Age (p<0.0001), GCS at admission (p<0.01), and pupil reaction (p<0.0001) corresponded significantly to outcome prediction, with age having the highest pseudo R² (0.102). GCS is noted to have an unexpectedly low pseudo R² of 0.023. Other factors that correlate significantly (p<0.05) to outcome are midline shift on CT scans, the presence of epidural or subdural hematomas, the progression of intracranial hematomas, and the presence of intracranial hypodense lesions. Traumatic subarachnoid hemorrhage did, interestingly, not correlate significantly to outcome (p=0.055).

Multivariate analysis

Variable reduction of the parameters included in Table 1 was performed with Akaike information criterion, retaining age, pupil responsiveness, and log S100B AUC as significant, in proportional odds models predicting GOS. Unexpectedly, GCS was not retained in models.

A model including known important predictors such as age, GCS at admission, CT findings (presence of traumatic subarachnoid hemorrhage, subdural hematoma, cerebral contusion, epidural hematoma, midline shift), pupil responsiveness, hypoxia, and hypotension at the scene of the accident, provides an estimated explained variance of 29.3% in outcome prediction. If log S100B AUC is added to the model, it increases to 35.8%, exhibiting an added partial of 6.6%.

Factors related to elevated serum levels of S100B

Variable reduction of linear regression models predicting S100B levels (variables included in Table 1) retained solely CT variables in models (Table 4). In a multivariate analysis, progression of intracranial hematomas, hypodense lesions, trSAH, and midline shift were found to contribute significantly, with the best model exhibiting an R² of 0.19.

Table 4.

Univariate Analysis of Variables and Correlations to S100B Peak Levels

Factor	p value	Pseudo R²
Age	0.5155	NS
Gender	0.5086	NS
Hypoxia at SoA	0.1925	NS
Hypotension at SoA	0.3376	NS
GCS at admission	0.0937	NS
Pupil responsiveness	0.0549	NS
Midline shift on CT scan	0.1772	NS
trSAH on CT scan	<0.0001	0.067
Absence of EDH on CT scan	0.0266	0.018
SDH on CT scan	0.1178	NS
Contusion on CT scan	0.0321	0.017
Hypodense lesion on CT scan	0.0003	0.048
Progression of hematoma on CT scan	<0.0001	0.116
Multitrauma	0.2206	NS

Intracranial pathology visible on CT scan exhibits the highest level of statistical significance and pseudo R² levels. p value<0.05 was considered statistically significant.

SoA, scene of accident; GCS, Glasgow Coma Score; trSAH, traumatic subarachnoid hemorrhage; EDH, epidural hematoma; SDH, subdural hematoma.

Time window for optimal sampling of S100B

S100B peak and S100B AUC are highly correlated, R² =0.86, and near co-linear (Fig. 3A). Samples of AUC that fall outside of this co-linearity (Fig. 3B), these being lower than expected, are found nearly exclusively up to 12 h after trauma. Early high peaks with levels that do not persist produce discrepancies of calculated AUCs that are lower than expected by the peak level.
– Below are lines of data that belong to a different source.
-- ===== src/EpollServer/Stale.antt =====
-- A socket that was closed without `RemoveSocket`, as the last branch of the receive task and a refused
-- login do, and a new connection with its number.
use cmdtran.Common.{ℕ, ◌≡◌, ap, ◌∙◌, Bool, true, false, not, ◌||◌, some}
use cmdtran.Common.Map.{
  find, insert, erase, IsSorted, erase-IsSorted, find-erase_self, find-insert_new, find-insert_old,
}
use cmdtran.RecvDataProc.{RecvDataProc, add_client, quit_client, new_client_info}
use cmdtran.EpollServer.Interface.{Kernel, Network}
use cmdtran.EpollServer.{EpollServer, SocketInformation, disable_read, new_socket}
use cmdtran.EpollServer.Read.{modify_read-same}
use cmdtran.EpollServer.Serves.{serves}
use cmdtran.EpollServer.RecvTask.{added, hang_up}

module _ (kernel : Kernel) (network : Network kernel) where
  open kernel use {State}
  open network use {close}

  -- With both maps in order: when a socket that is known and not to be read hangs up, and a
  -- connection with the same number is accepted, the epoll server still has the old socket with
  -- its chain, its state and its flag, the new client is there, and `DisableRead` of the socket
  -- returns true and does nothing.
  pub stale_lem :
      (sock camera : ℕ) (k : State) (p : RecvDataProc (EpollServer State)) (s : SocketInformation)
      → IsSorted p.client_map
      → IsSorted p.server.socket_info
      → find sock p.server.socket_info ≡ some s
      → s.enable_read ≡ false
      → let q = added kernel network camera sock (true, k) (hang_up kernel network sock p) in
        (find sock q.server.socket_info ≡ some s)
        × (find sock q.client_map ≡ some (new_client_info (serves kernel close) sock camera))
        × (disable_read kernel sock q.server ≡ (true, q.server))
  unfolding added hang_up add_client quit_client disable_read
  stale_lem sock camera k p s clients sockets there off =
      let old : find sock (insert sock (new_socket sock) p.server.socket_info) ≡ some s =
        find-insert_old sock (new_socket sock) p.server.socket_info sock s sockets there ∙ there in
      (
        old,
        find-insert_new sock (new_client_info (serves kernel close) sock camera)
            (erase sock p.client_map) (erase-IsSorted sock p.client_map clients)
            (find-erase_self sock p.client_map clients),
        modify_read-same kernel sock false _ s old (ap (λ (b : Bool). not true || not b) off),
      )
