-- ===== src/EpollServer/Start.antt =====
-- The start of `CEpollServer`: `Start`, `InitEvn`, `InitScoket`, `AddLisSockEvent` and the thread
-- `_EventRecvFun`, which hands the events of epoll to the receive threads.
use cmdtran.Common.{
  ℕ, zero, suc, Bool, true, false, Option, none, some, List, [], ◌∷◌, if◌then◌else◌,
}
use cmdtran.MasterWorkPool.{MasterWorkPool, add_task, init_pool}
use cmdtran.EpollServer.{EpollServer}
use cmdtran.EpollServer.Interface.{Kernel}
use cmdtran.EpollServer.RecvTask.{Event}

-- The system calls of the start; `false` is an error. The port is that of the server.
pub record Setup (kernel : Kernel) : Type 0 where
  pub setrlimit : ℕ → kernel.State → Bool × kernel.State
  pub create_thread : kernel.State → Bool × kernel.State
  pub socket : kernel.State → Option ℕ × kernel.State
  pub set_reuse : ℕ → kernel.State → kernel.State
  pub set_nonblocking : ℕ → kernel.State → Bool × kernel.State
  pub bind : ℕ → ℕ → kernel.State → Bool × kernel.State
  pub listen : ℕ → ℕ → kernel.State → Bool × kernel.State
  pub epoll_create : ℕ → kernel.State → kernel.State
  pub epoll_ctl_listen : ℕ → kernel.State → Bool × kernel.State
  pub close : ℕ → kernel.State → kernel.State

abbrev pub epoll_event_max : ℕ
epoll_event_max = 1024

-- The number of the receive threads and of the send threads.
abbrev pub threads : ℕ
threads = 4

module _ (kernel : Kernel) (setup : Setup kernel) where
  open kernel use {State}
  open setup use {
    setrlimit, create_thread, socket, set_reuse, set_nonblocking, bind, listen, epoll_create,
    epoll_ctl_listen, close,
  }

  unfoldable pub init_evn : State → Bool × State
  init_evn k = setrlimit epoll_event_max k

  unfoldable pub add_lis_sock_event : ℕ → State → Bool × State
  add_lis_sock_event sock k = epoll_ctl_listen sock (epoll_create epoll_event_max k)

  -- A call that is made if the one before it succeeded.
  abbrev pub and_then : Bool × State → (State → Bool × State) → Bool × State
  and_then (false, k) call = (false, k)
  and_then (true, k) call = call k

  -- The calls for the listening socket, up to the first that fails.
  unfoldable pub prepare : ℕ → ℕ → State → Bool × State
  unfolding add_lis_sock_event
  prepare port sock k = and_then (set_nonblocking sock (set_reuse sock k)) (λ k.
      and_then (bind sock port k) (λ k. and_then (listen sock 1024 k) (add_lis_sock_event sock)))

  -- The end of `InitScoket`: the socket is closed where a call failed.
  unfoldable pub prepared : ℕ → Bool × State → Bool × Option ℕ × State
  prepared sock (true, k) = (true, some sock, k)
  prepared sock (false, k) = (false, some sock, close sock k)

  -- With no socket there is none to close. The option is `m_iListenSock`.
  unfoldable pub with_socket : ℕ → Option ℕ × State → Bool × Option ℕ × State
  unfolding prepare prepared
  with_socket port (none, k) = (false, none, k)
  with_socket port (some sock, k) = prepared sock (prepare port sock k)

  unfoldable pub init_scoket : ℕ → State → Bool × Option ℕ × State
  unfolding with_socket
  init_scoket port k = with_socket port (socket k)

  -- The state behind a number of calls of `pthread_create`, and the answer of a later one.
  unfoldable pub after_creates : ℕ → State → State
  after_creates zero k = k
  after_creates (suc i) k = (create_thread (after_creates i k)).1

  unfoldable pub creates : State → ℕ → Bool
  unfolding after_creates
  creates k i = (create_thread (after_creates i k)).0

  -- The state behind `InitEvn` and the call for the thread of the events.
  unfoldable pub event_thread : State → State
  unfolding init_evn
  event_thread k = (create_thread (init_evn k).1).1

  -- `Start`, with the pool of the receive threads. It does not look at what becomes of the threads
  -- of the two pools.
  unfoldable pub start :
      MasterWorkPool Event → EpollServer State → Bool × MasterWorkPool Event × EpollServer State
  unfolding init_evn after_creates creates
  start tm e =
      let (set, k) = init_evn e.kernel in
      let (created, k') = create_thread k in
      if set
      then if created
        then (
          true,
          init_pool threads (creates k') tm,
          record e {
            send_thread_manager =
                init_pool threads (creates (after_creates threads k')) e.send_thread_manager;
            kernel = after_creates threads (after_creates threads k');
          },
        )
        else (false, tm, record e { kernel = k' })
      else (false, tm, record e { kernel = k })

-- The loop of `_EventRecvFun` over the events of one `epoll_wait`.
unfoldable pub post_events : List Event → MasterWorkPool Event → Option (MasterWorkPool Event)
post_events [] tm = some tm
post_events (ev ∷ evs) tm = elim (add_task ev.fd ev tm) [
  | none ↦ none
  | some tm' ↦ post_events evs tm'
]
This might be caused by an extracranial origin of S100B, with early peaks and fast decay.

FIG. 3.

(A) The correlation between S100B peak (x-axis; [log S100B μg/L]) and S100B area under the curve (AUC) (y-axis; [log S100B μg/L first 48 h]). The triangles represent peak levels of S100B acquired within 12 h after trauma, whereas the black dots are acquired later than 12 h after the trauma. R² =0.86. (B) The correlation between the difference in S100B peak and S100B AUC (y-axis; difference between peak/AUC) levels distributed over time from trauma (x-axis; hours). The triangles represent peak levels of S100B acquired within 12 h after trauma, whereas the black dots are acquired later than 12 h after the trauma.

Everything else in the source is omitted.